TASK DETAILS — Write out, from the entries below, exactly the lines that run between the lines holding "-- the elements" and "B → String) (before xs : List A)", inclusive, and stop there.

# # #

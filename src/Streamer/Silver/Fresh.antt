-- ===== src/Streamer/Silver/Fresh.antt =====
-- What is left of a list where an element is skipped if one before it has the same identifier; an
-- element with a blank identifier never is.
use fps_anticheat_data_platf.Prelude.{
  ◌≡◌, refl, sym, ap, ◌∙◌, inl, inr, Bool, true, false, not, ◌&&◌, String, List, [], ◌∷◌, map, any,
  if◌then◌else◌, str_eq, str_eq_iff, arith, Bool-cases, All,
}
use fps_anticheat_data_platf.Prelude.Text.{is_blank}
use fps_anticheat_data_platf.Streamer.Dedup.{contains}
use fps_anticheat_data_platf.Streamer.Silver.{BronzeRow, is_repeated, see}

abbrev pub has_id {ℓ} : {A : Type ℓ} → (A → String) → String → A → Bool
has_id id_of id x = str_eq (id_of x) id

-- an element of `before` has the identifier of `x`
abbrev pub repeats {ℓ} : {A : Type ℓ} → (A → String) → List A → A → Bool
repeats id_of before x = not (is_blank (id_of x)) && any (has_id id_of (id_of x)) before

-- the elements that no element before them repeats; `before` came before the list
unfoldable pub fresh {ℓ} : {A : Type ℓ} → (A → String) → List A → List A → List A
fresh id_of before [] = []
fresh id_of before (x ∷ rest) =
    let later = fresh id_of (x ∷ before) rest in if repeats id_of before x then later else x ∷ later

any-map :
    {A B : Type 0} (f : A → B) (id_of : B → String) (id : String) (xs : List A)
    → any (has_id id_of id) (map f xs) ≡ any (has_id (λ x. id_of (f x)) id) xs
any-map f id_of id [] = refl
any-map f id_of id (x ∷ xs) = rw (any-map f id_of id xs) refl

pub fresh-map :
    {A B : Type 0} (f : A → B) (id_of : B → String) (before xs : List A)
    → fresh id_of (map f before) (map f xs) ≡ map f (fresh (λ x. id_of (f x)) before xs)
unfolding fresh
fresh-map f id_of before [] = refl
fresh-map f id_of before (x ∷ xs) = elim (Bool-cases (repeats (λ y. id_of (f y)) before x)) [
  | inl e ↦ rw (any-map f id_of (id_of (f x)) before, e) (fresh-map f id_of (x ∷ before) xs)
  | inr e ↦
      rw (any-map f id_of (id_of (f x)) before, e)
        (ap (λ l. f x ∷ l) (fresh-map f id_of (x ∷ before) xs))
]

pub fresh-All :
    {A : Type 0} (P : A → Type 0) (id_of : A → String) (before xs : List A)
    → All P xs
    → All P (fresh id_of before xs)
unfolding fresh
fresh-All P id_of before [] h = tt
fresh-All P id_of before (x ∷ xs) h = elim (Bool-cases (repeats id_of before x)) [
  | inl e ↦ rw e (fresh-All P id_of (x ∷ before) xs h.1)
  | inr e ↦ rw e (h.0, fresh-All P id_of (x ∷ before) xs h.1)
]

-- the rows that the loop of silver.rs does not skip, from a set of identifiers
unfoldable pub first_rows : List String → List BronzeRow → List BronzeRow
unfolding contains
first_rows seen [] = []
first_rows seen (r ∷ rest) =
    let skipped = first_rows seen rest in
    let kept = r ∷ first_rows (see r seen) rest in if is_repeated r seen then skipped else kept

abbrev id_of_row : BronzeRow → String
id_of_row r = r.event_id

-- the set has the identifiers of the rows before
abbrev IsSetOf : List String → List BronzeRow → Type 0
IsSetOf seen before =
    (id : String) → is_blank id ≡ false → contains id seen ≡ any (has_id id_of_row id) before

skip-IsSetOf :
    (r : BronzeRow) (seen : List String) (before : List BronzeRow)
    → IsSetOf seen before
    → is_repeated r seen ≡ true
    → IsSetOf seen (r ∷ before)
unfolding contains
skip-IsSetOf r seen before h old id some_id = elim (Bool-cases (str_eq r.event_id id)) [
  | inr e ↦ rw e (h id some_id)
  | inl e ↦
      let same : r.event_id ≡ id = (str_eq_iff r.event_id id).0 e in
      rw e (ground (arith, rw same at old))
]

see-IsSetOf :
    (r : BronzeRow) (seen : List String) (before : List BronzeRow)
    → IsSetOf seen before
    → IsSetOf (see r seen) (r ∷ before)
unfolding contains
see-IsSetOf r seen before h id some_id = elim (Bool-cases (str_eq r.event_id id)) [
  | inr e ↦ ground (arith, e, h id some_id)
  | inl e ↦
      let same : r.event_id ≡ id = (str_eq_iff r.event_id id).0 e in
      let some_row : is_blank r.event_id ≡ false = rw same some_id in rw (some_row, e) refl
]

-- The loop skips exactly the rows that a row before repeats.
first_rows-from :
    (seen : List String) (before rows : List BronzeRow)
    → IsSetOf seen before
    → first_rows seen rows ≡ fresh id_of_row before rows
unfolding first_rows fresh
first_rows-from seen before [] h = refl
first_rows-from seen before (r ∷ rest) h =
    let same : is_repeated r seen ≡ repeats id_of_row before r =
      elim (Bool-cases (is_blank r.event_id)) [
        | inl b ↦ rw b refl
        | inr b ↦ rw (b, h r.event_id b) refl
      ] in
    elim (Bool-cases (is_repeated r seen)) [
      | inl e ↦
          rw (e, sym same ∙ e)
            (first_rows-from seen (r ∷ before) rest (skip-IsSetOf r seen before h e))
      | inr e ↦
          rw (e, sym same ∙ e)
            (ap (λ l. r ∷ l)
              (first_rows-from (see r seen) (r ∷ before) rest (see-IsSetOf r seen before h)))
    ]

pub first_rows-fresh :
    (rows : List BronzeRow) → first_rows [] rows ≡ fresh (λ (r : BronzeRow). r.event_id) [] rows
unfolding contains
first_rows-fresh rows = first_rows-from [] [] rows (λ id h. refl)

# # #

RESPONSE —
-- the elements that no element before them repeats; `before` came before the list
unfoldable pub fresh {ℓ} : {A : Type ℓ} → (A → String) → List A → List A → List A
fresh id_of before [] = []
fresh id_of before (x ∷ rest) =
    let later = fresh id_of (x ∷ before) rest in if repeats id_of before x then later else x ∷ later

any-map :
    {A B : Type 0} (f : A → B) (id_of : B → String) (id : String) (xs : List A)
    → any (has_id id_of id) (map f xs) ≡ any (has_id (λ x. id_of (f x)) id) xs
any-map f id_of id [] = refl
any-map f id_of id (x ∷ xs) = rw (any-map f id_of id xs) refl

pub fresh-map :
    {A B : Type 0} (f : A → B) (id_of : B → String) (before xs : List A)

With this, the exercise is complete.